ICMP is a terrible way for the Collector to determine “Host Dead” status. Better would be if any DataSource is able to collect data from it. If data can be collected, the host isn’t dead.

ICMP itself seems to be fine now, actually. The problem that persists is SNMP when an intermediate stateful inspection engine (firewall) invalidates sessions. UDP is stateless, but SNMP uses a session ID most modern firewalls recognize. Once the session ID is broken, LM stops working since the developers chose to blindly use the same session ID indefinitely. My guess is with the new collector code they periodically refresh the session ID so it eventually recovers rather than trigger a new session after a failed poll or two. The right way is very often not the way these developers roll, sadly,
Stuart_Weenig
Mastermind
12 months ago

ICMP is a terrible way for the Collector to determine “Host Dead” status. Better would be if any DataSource is able to collect data from it. If data can be collected, the host isn’t dead.

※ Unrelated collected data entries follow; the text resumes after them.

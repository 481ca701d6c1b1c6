-- ===== src/Types/Order.antt =====
-- types/order.go: the 0x order, its texts, and its EIP-712 hash. An address is 20 bytes and a
-- uint256 is 32 bytes, as the Go arrays are. Keccak256 and abi.U256 of go-ethereum are parameters.
-- The struct that encoding/json carries is modelled, not the JSON text around its strings.
pub mod Json
pub mod Binding
use openrelay.Prelude.{
  ℕ, Bool, true, false, List, [], ◌∷◌, ◌++◌, Bytes, if◌then◌else◌, ℤ, Outcome, ok, ◌>>=◌, bytes_eq,
  copy, zeros, codes, writes, Option, none, some, or_err, big, length,
}
use openrelay.Types.Text.{Str, hex_string_to_bytes, int_string_to_bytes, sprint_hex, dec_string}
use openrelay.Types.AssetData.{address}

pub record Order : Type 0 where
  pub maker : Bytes
  pub taker : Bytes
  pub maker_asset_address : Bytes
  pub taker_asset_address : Bytes
  pub maker_asset_data : Bytes
  pub taker_asset_data : Bytes
  pub fee_recipient : Bytes
  pub exchange_address : Bytes
  pub sender_address : Bytes
  pub maker_asset_amount : Bytes
  pub taker_asset_amount : Bytes
  pub maker_fee : Bytes
  pub taker_fee : Bytes
  pub expiration_timestamp_in_sec : Bytes
  pub salt : Bytes
  pub signature : Bytes
  pub taker_asset_amount_filled : Bytes
  pub cancelled : Bool
  pub pool_id : Bytes

-- jsonOrder: one string for each field; also the sixteen arguments of NewOrder.
pub record JsonOrder : Type 0 where
  pub maker : Str
  pub taker : Str
  pub maker_asset_data : Str
  pub taker_asset_data : Str
  pub fee_recipient : Str
  pub exchange_address : Str
  pub sender_address : Str
  pub maker_asset_amount : Str
  pub taker_asset_amount : Str
  pub maker_fee : Str
  pub taker_fee : Str
  pub expiration_timestamp_in_sec : Str
  pub salt : Str
  pub signature : Str
  pub taker_asset_amount_filled : Str
  pub cancelled : Str

-- Order.Initialize leaves the pool's id alone.
unfoldable pub initialize : Order → Order
initialize o = record {
  maker = zeros 20;
  taker = zeros 20;
  maker_asset_address = zeros 20;
  taker_asset_address = zeros 20;
  maker_asset_data = zeros 20;
  taker_asset_data = zeros 20;
  fee_recipient = zeros 20;
  exchange_address = zeros 20;
  sender_address = zeros 20;
  maker_asset_amount = zeros 32;
  taker_asset_amount = zeros 32;
  maker_fee = zeros 32;
  taker_fee = zeros 32;
  expiration_timestamp_in_sec = zeros 32;
  salt = zeros 32;
  signature = [];
  taker_asset_amount_filled = zeros 32;
  cancelled = false;
  pool_id = o.pool_id;
}

-- The zero value of the struct, with the arrays that Initialize allocates.
abbrev pub empty_order : Order
empty_order = record {
  maker = [];
  taker = [];
  maker_asset_address = [];
  taker_asset_address = [];
  maker_asset_data = [];
  taker_asset_data = [];
  fee_recipient = [];
  exchange_address = [];
  sender_address = [];
  maker_asset_amount = [];
  taker_asset_amount = [];
  maker_fee = [];
  taker_fee = [];
  expiration_timestamp_in_sec = [];
  salt = [];
  signature = [];
  taker_asset_amount_filled = [];
  cancelled = false;
  pool_id = [];
}

abbrev pub true_text : Str
true_text = codes "true"

abbrev pub false_text : Str
false_text = codes "false"

module _ (u256 : ℤ → Bytes) where
  -- The copies at the end of fromStrings, from the decoded texts into the initialised order.
  unfoldable pub from_strings : Order → JsonOrder → Outcome Order
  unfolding initialize copy bytes_eq
  from_strings receiver j = do
    let o = initialize receiver
    maker_bytes ← hex_string_to_bytes j.maker
    taker_bytes ← hex_string_to_bytes j.taker
    maker_asset_data_bytes ← hex_string_to_bytes j.maker_asset_data
    taker_asset_data_bytes ← hex_string_to_bytes j.taker_asset_data
    fee_recipient_bytes ← hex_string_to_bytes j.fee_recipient
    exchange_address_bytes ← hex_string_to_bytes j.exchange_address
    sender_address_bytes ← hex_string_to_bytes j.sender_address
    signature_bytes ← hex_string_to_bytes j.signature
    maker_amount_bytes ← int_string_to_bytes u256 j.maker_asset_amount
    taker_amount_bytes ← int_string_to_bytes u256 j.taker_asset_amount
    maker_fee_bytes ← int_string_to_bytes u256 j.maker_fee
    taker_fee_bytes ← int_string_to_bytes u256 j.taker_fee
    expiration_bytes ← int_string_to_bytes u256 j.expiration_timestamp_in_sec
    salt_bytes ← int_string_to_bytes u256 j.salt
    filled_bytes ← int_string_to_bytes u256 j.taker_asset_amount_filled
    taker_address ← address taker_asset_data_bytes
    maker_address ← address maker_asset_data_bytes
    ok (record {
      maker = copy o.maker maker_bytes;
      taker = copy o.taker taker_bytes;
      maker_asset_address = maker_address;
      taker_asset_address = taker_address;
      maker_asset_data = maker_asset_data_bytes;
      taker_asset_data = taker_asset_data_bytes;
      fee_recipient = copy o.fee_recipient fee_recipient_bytes;
      exchange_address = copy o.exchange_address exchange_address_bytes;
      sender_address = copy o.sender_address sender_address_bytes;
      maker_asset_amount = copy o.maker_asset_amount maker_amount_bytes;
      taker_asset_amount = copy o.taker_asset_amount taker_amount_bytes;
      maker_fee = copy o.maker_fee maker_fee_bytes;
      taker_fee = copy o.taker_fee taker_fee_bytes;
      expiration_timestamp_in_sec = copy o.expiration_timestamp_in_sec expiration_bytes;
      salt = copy o.salt salt_bytes;
      signature = o.signature ++ signature_bytes;
      taker_asset_amount_filled = copy o.taker_asset_amount_filled filled_bytes;
      cancelled = bytes_eq j.cancelled true_text;
      pool_id = o.pool_id;
    })

  unfoldable pub new_order : JsonOrder → Outcome Order
  unfolding from_strings
  new_order j = from_strings empty_order j

  abbrev default_text : Str → Str → Str
  default_text d [] = d
  default_text d (c ∷ cs) = c ∷ cs

  -- `decoded` is what json.Unmarshal makes of the text, `none` for its error.
  unfoldable pub unmarshal_json : Order → Option JsonOrder → Outcome Order
  unfolding from_strings
  unmarshal_json receiver decoded = do
    j ← or_err "encoding/json" decoded
    from_strings receiver (record j {
      taker_asset_amount_filled = default_text (codes "0") j.taker_asset_amount_filled;
      cancelled = default_text false_text j.cancelled;
    })

unfoldable pub marshal_json : Order → JsonOrder
unfolding sprint_hex dec_string big
marshal_json o = record {
  maker = sprint_hex o.maker;
  taker = sprint_hex o.taker;
  maker_asset_data = sprint_hex o.maker_asset_data;
  taker_asset_data = sprint_hex o.taker_asset_data;
  fee_recipient = sprint_hex o.fee_recipient;
  exchange_address = sprint_hex o.exchange_address;
  sender_address = sprint_hex o.sender_address;
  maker_asset_amount = dec_string (big o.maker_asset_amount);
  taker_asset_amount = dec_string (big o.taker_asset_amount);
  maker_fee = dec_string (big o.maker_fee);
  taker_fee = dec_string (big o.taker_fee);
  expiration_timestamp_in_sec = dec_string (big o.expiration_timestamp_in_sec);
  salt = dec_string (big o.salt);
  signature = sprint_hex o.signature;
  taker_asset_amount_filled = dec_string (big o.taker_asset_amount_filled);
  cancelled = if o.cancelled then true_text else false_text;
}

-- What encoding/json carries: the fields tagged `json:"-"` stay behind.
unfoldable pub wire : JsonOrder → JsonOrder
wire j = record j { taker_asset_amount_filled = []; cancelled = [] }

abbrev pub eip191_header : Bytes
eip191_header = 25 ∷ 1 ∷ []

abbrev pub domain_schema : Bytes
domain_schema = codes "EIP712Domain(string name,string version,address verifyingContract)"

abbrev pub order_schema : Bytes
order_schema =
    codes
      "Order(address makerAddress,address takerAddress,address feeRecipientAddress,address senderAddress,uint256 makerAssetAmount,uint256 takerAssetAmount,uint256 makerFee,uint256 takerFee,uint256 expirationTimeSeconds,uint256 salt,bytes makerAssetData,bytes takerAssetData)"

module _ (keccak256 : Bytes → Bytes) where
  -- What is written to domainSha, one entry for each call of Write.
  abbrev pub domain_parts : Order → List Bytes
  domain_parts o =
      keccak256 domain_schema
      ∷ keccak256 (codes "0x Protocol")
      ∷ keccak256 (codes "2")
      ∷ zeros 12
      ∷ o.exchange_address
      ∷ []

  unfoldable pub domain_bytes : Order → Bytes
  domain_bytes o = writes (domain_parts o)

  -- What is written to orderSha.
  abbrev pub order_parts : Order → List Bytes
  order_parts o =
      keccak256 order_schema
      ∷ zeros 12
      ∷ o.maker
      ∷ zeros 12
      ∷ o.taker
      ∷ zeros 12
      ∷ o.fee_recipient
      ∷ zeros 12
      ∷ o.sender_address
      ∷ o.maker_asset_amount
      ∷ o.taker_asset_amount
      ∷ o.maker_fee
      ∷ o.taker_fee
      ∷ o.expiration_timestamp_in_sec
      ∷ o.salt
      ∷ keccak256 o.maker_asset_data
      ∷ keccak256 o.taker_asset_data
      ∷ []

  unfoldable pub order_bytes : Order → Bytes
  order_bytes o = writes (order_parts o)

  abbrev pub hash_parts : Order → List Bytes
  hash_parts o = eip191_header ∷ keccak256 (domain_bytes o) ∷ keccak256 (order_bytes o) ∷ []

  unfoldable pub hash : Order → Bytes
  hash o = keccak256 (writes (hash_parts o))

That actually is close to how it works now. ICMP does reset the idleInterval datapoint (or whatever the internal flag is), which is what determines host down status. However, it’s not the only thing. Any datasource that can be trusted to actually get a reply from a device should reset the idleInterval datapoint. This includes any SNMP datasources, website/http datasources, etc. It does not include scripted datasources. The thinking there is that a scripted datasource might be contacting a 3rd party system to collect data and not actually getting an actual response from the device itself. So, anything that is guaranteed to return data from the device itself should reset the idle interval counter.

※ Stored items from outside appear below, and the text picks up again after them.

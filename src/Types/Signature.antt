-- ===== src/Types/Signature.antt =====
-- types/signature.go: which signatures the relay supports and verifies. Keccak256, Ecrecover and
-- BytesToAddress of go-ethereum are parameters; Ecrecover's `none` is its error.
pub mod Laws
use openrelay.Prelude.{
  ℕ, ◌-◌, Bool, true, false, Option, none, some, List, [], ◌∷◌, ◌++◌, Bytes, ltb, leb, ◌==◌,
  if◌then◌else◌, length, take, drop, get_or, get_elem?, Outcome, ok, err, panic, or_panic, ◌>>=◌,
  bytes_eq, not, codes, ◌&&◌, copy,
}
use openrelay.Types.Text.{dec_string, sprint_hex, Str, trim_prefix, hex_decode, hex_prefix}

pub record Crypto : Type 0 where
  pub keccak256 : Bytes → Bytes
  pub ecrecover : Bytes → Bytes → Option Bytes
  pub bytes_to_address : Bytes → Bytes

abbrev pub sig_type_eip712 : ℕ
sig_type_eip712 = 2

abbrev pub sig_type_eth_sign : ℕ
sig_type_eth_sign = 3

abbrev pub sig_type_wallet : ℕ
sig_type_wallet = 4

abbrev pub sig_type_validator : ℕ
sig_type_validator = 5

-- Type indexes the last byte, so an empty signature panics.
unfoldable pub sig_type : Bytes → Outcome ℕ
sig_type sig = or_panic (if ltb 0 (length sig) then get_elem? sig (length sig - 1) else none)

unfoldable pub supported : Bytes → Outcome Bool
unfolding sig_type
supported sig = do
  t ← sig_type sig
  ok (if t == sig_type_eip712 then true else if t == sig_type_eth_sign then true else false)

module _ (c : Crypto) where
  -- What the two verifiers share: the bytes r, s and v - 27 go to Ecrecover with the signed digest,
  -- and the address of the recovered key is compared. `append` writes into the cloned signature only.
  unfoldable pub recovers : Bytes → Bytes → Bytes → Bool
  unfolding bytes_eq
  recovers sig addr digest =
      if not (length sig == 66)
      then false
      else if ltb (get_or sig 0 0) 27
      then false
      else elim (c.ecrecover digest
          (take 32 (drop 1 sig) ++ (take 32 (drop 33 sig) ++ ((get_or sig 0 0 - 27) ∷ [])))) [
            | none ↦ false
            | some key ↦ bytes_eq addr (c.bytes_to_address (drop 12 (c.keccak256 (drop 1 key))))
          ]

  unfoldable pub verify_eip712 : Bytes → Bytes → Bytes → Bool
  unfolding recovers
  verify_eip712 sig addr hash = recovers sig addr hash

  -- The text that eth_sign puts in front of a hash, and its digest.
  unfoldable pub eth_sign_digest : Bytes → Bytes
  unfolding dec_string
  eth_sign_digest hash =
      c.keccak256
        (((25 ∷ codes "Ethereum Signed Message:") ++ (10 ∷ dec_string (length hash))) ++ hash)

  unfoldable pub verify_eth_sign : Bytes → Bytes → Bytes → Bool
  unfolding recovers eth_sign_digest
  verify_eth_sign sig addr hash = recovers sig addr (eth_sign_digest hash)

  unfoldable pub verify_wallet : Bytes → Bytes → Bytes → Bool
  verify_wallet sig addr hash = false

  unfoldable pub verify_validator : Bytes → Bytes → Bytes → Bool
  verify_validator sig addr hash = false

  unfoldable pub verify_by_type : ℕ → Bytes → Bytes → Bytes → Bool
  unfolding verify_eip712 verify_eth_sign verify_wallet verify_validator
  verify_by_type t sig addr hash =
      if t == sig_type_eip712
      then verify_eip712 sig addr hash
      else if t == sig_type_eth_sign
      then verify_eth_sign sig addr hash
      else if t == sig_type_wallet
      then verify_wallet sig addr hash
      else if t == sig_type_validator
      then verify_validator sig addr hash
      else false

  -- Verify tests the length before it asks for the type.
  unfoldable pub verify : Bytes → Bytes → Bytes → Outcome Bool
  unfolding sig_type
  verify sig addr hash =
      if ltb (length sig) 1
      then ok false
      else (sig_type sig >>= λ t. ok (verify_by_type t sig addr hash))

-- Signature.UnmarshalJSON, on the text between the quotes: the receiver's length is fixed.
unfoldable pub unmarshal : Bytes → Str → Outcome Bytes
unfolding trim_prefix hex_decode copy
unmarshal sig text = elim (hex_decode (trim_prefix text hex_prefix)) [
  | none ↦ err "encoding/hex"
  | some b ↦
      if not (length sig == length b)
      then err "Unmarshalling to signature requires len(sig) == len(data)"
      else ok (copy sig b)
]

The bigger feature request here is that customers need a way to modify/override the built in criteria for considering a device down. For some people, pingability is enough. For others, it needs to be pingable and responding to some other query. The customers need the ability to determine (on the device, group, and global levels) what constitutes a device being down. For example, i would need to be able to say that ping has to be up, but also x/y of these other datasources must also be returning data.